■ Task brief
Each line that holds the string "ended" counts once. Say how many such lines the entries have, giving the number only.

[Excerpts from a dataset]
○ ○ ○ ○ ○

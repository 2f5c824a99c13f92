-- ===== src/Task/Refines/Ends.antt =====
-- The ends of tasks and processes, and exec, as moves.
use mcr.Prelude.{ℕ, ◌≡◌, refl, inl, inr, Option-cases, ℤ}
use mcr.Sys.Args.{linux_sigchld}
use mcr.Task.Program.{GuestProgram, GuestImageState}
use mcr.Task.Process
use mcr.Task.State.{GuestKernel, runnable, exited}
use mcr.Task.Error.{Result, ok, err, Result-cases}
use mcr.Task.Kernel.{Loader, load_program, process, task, edit_process, set_state, set_states}
use mcr.Task.Wait.{tids_of}
use mcr.Prelude.OrdMap.{select}
use mcr.Task.Exit.{
  vfork_waiter, resume_vfork_parent, parent_of, finish_process, all_exited, exit_task, exit_group,
}
use mcr.Task.Exec.{enter_image, exec_task, exec_reply, execve_current}
use mcr.Task.Moves.{
  Moves, done, Moves-trans, Moves-edit_task, Moves-edit_process, Moves-set_state, Moves-set_states,
}
use mcr.Task.Refines.Signals.{queue_process_signal-Moves, Moves-if}

pub resume_vfork_parent-Moves :
    (child_pid : ℕ) (k : GuestKernel) → Moves k (resume_vfork_parent child_pid k)
unfolding resume_vfork_parent
resume_vfork_parent-Moves child_pid k = elim (Option-cases (process k child_pid)) [
  | inl e ↦ rw (e, resume_vfork_parent) done
  | inr (child, e) ↦ elim (Option-cases child.parent) [
    | inl p ↦ rw (e, p, resume_vfork_parent) done
    | inr (parent_pid, p) ↦
        rw (e, p, resume_vfork_parent)
          (Moves-set_states (select (vfork_waiter parent_pid child_pid) k.tasks) runnable done)
  ]
]

pub finish_process-Moves :
    (pid : ℕ) (status : ℤ) (k : GuestKernel) → Moves k (finish_process pid status k)
unfolding finish_process
finish_process-Moves pid status k = elim (Option-cases (parent_of k pid)) [
  | inl e ↦ rw (e, finish_process) resumed
  | inr (parent_pid, e) ↦
      rw (e, finish_process)
        (Moves-trans resumed (queue_process_signal-Moves parent_pid linux_sigchld _))
]
  where
    ended : GuestKernel
    ended = edit_process pid (λ p. record p { exit_state = Process.exited status }) k

    resumed : Moves k (resume_vfork_parent pid ended)
    resumed =
        Moves-trans
          (Moves-edit_process done pid _
            (λ p. record { pid = refl; parent = refl; children = refl }))
          (resume_vfork_parent-Moves pid ended)

pub exit_task-Moves : (tid : ℕ) (status : ℤ) (k : GuestKernel) → Moves k (exit_task tid status k).1
unfolding exit_task
exit_task-Moves tid status k = elim (Option-cases (task k tid)) [
  | inl e ↦ rw (e, exit_task) done
  | inr (t, e) ↦
      rw (e, exit_task)
        (Moves-if (all_exited (set_state k tid (exited status)) t.pid)
          (Moves-trans (Moves-set_state done tid (exited status))
            (finish_process-Moves t.pid status (set_state k tid (exited status))))
          (Moves-set_state done tid (exited status)))
]

pub exit_group-Moves :
    (pid : ℕ) (status : ℤ) (k : GuestKernel) → Moves k (exit_group pid status k).1
unfolding exit_group
exit_group-Moves pid status k = elim (Option-cases (process k pid)) [
  | inl e ↦ rw (e, exit_group) done
  | inr (p, e) ↦
      rw (e, exit_group)
        (Moves-trans (Moves-set_states (tids_of k pid) (exited status) done)
          (finish_process-Moves pid status (set_states k (tids_of k pid) (exited status))))
]

enter_image-Moves :
    (tid pid : ℕ) (image : GuestImageState) (k : GuestKernel)
    → Moves k (enter_image tid pid image k)
unfolding enter_image
enter_image-Moves tid pid image k =
    Moves-trans
      (Moves-set_state
        (Moves-edit_task
          (Moves-edit_process done pid _
            (λ p. record { pid = refl; parent = refl; children = refl }))
          tid _ (λ x _. record { tid = refl; pid = refl; state = refl; mask = λ h. h }))
        tid runnable)
      (resume_vfork_parent-Moves pid _)

pub exec_task-Moves :
    (loader : Loader) (tid : ℕ) (program : GuestProgram) (k : GuestKernel)
    → Moves k (exec_task loader tid program k).1
unfolding exec_task
exec_task-Moves loader tid program k = elim (Option-cases (task k tid)) [
  | inl e ↦ rw (e, exec_task) done
  | inr (t, e) ↦ elim (Result-cases (load_program loader program)) [
    | inr (x, f) ↦ rw (e, f, exec_task) done
    | inl (image, f) ↦ elim (Option-cases (process k t.pid)) [
      | inl p ↦ rw (e, f, p, exec_task) done
      | inr (x, p) ↦ rw (e, f, p, exec_task) (enter_image-Moves tid t.pid image k)
    ]
  ]
]

exec_reply-same : (r : Result (Unit {0})) (k : GuestKernel) → (exec_reply (r, k)).1 ≡ k
unfolding exec_reply
exec_reply-same (ok x) k = refl
exec_reply-same (err e) k = refl

pub execve-Moves :
    (loader : Loader) (tid : ℕ) (program : GuestProgram) (k : GuestKernel)
    → Moves k (execve_current loader tid program k).1
unfolding execve_current
execve-Moves loader tid program k =
    rw (execve_current, exec_reply-same ran.0 ran.1) (exec_task-Moves loader tid program k)
  where
    ran : Result (Unit {0}) × GuestKernel
    ran = exec_task loader tid program k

○ ○ ○ ○ ○

■ Written solution
4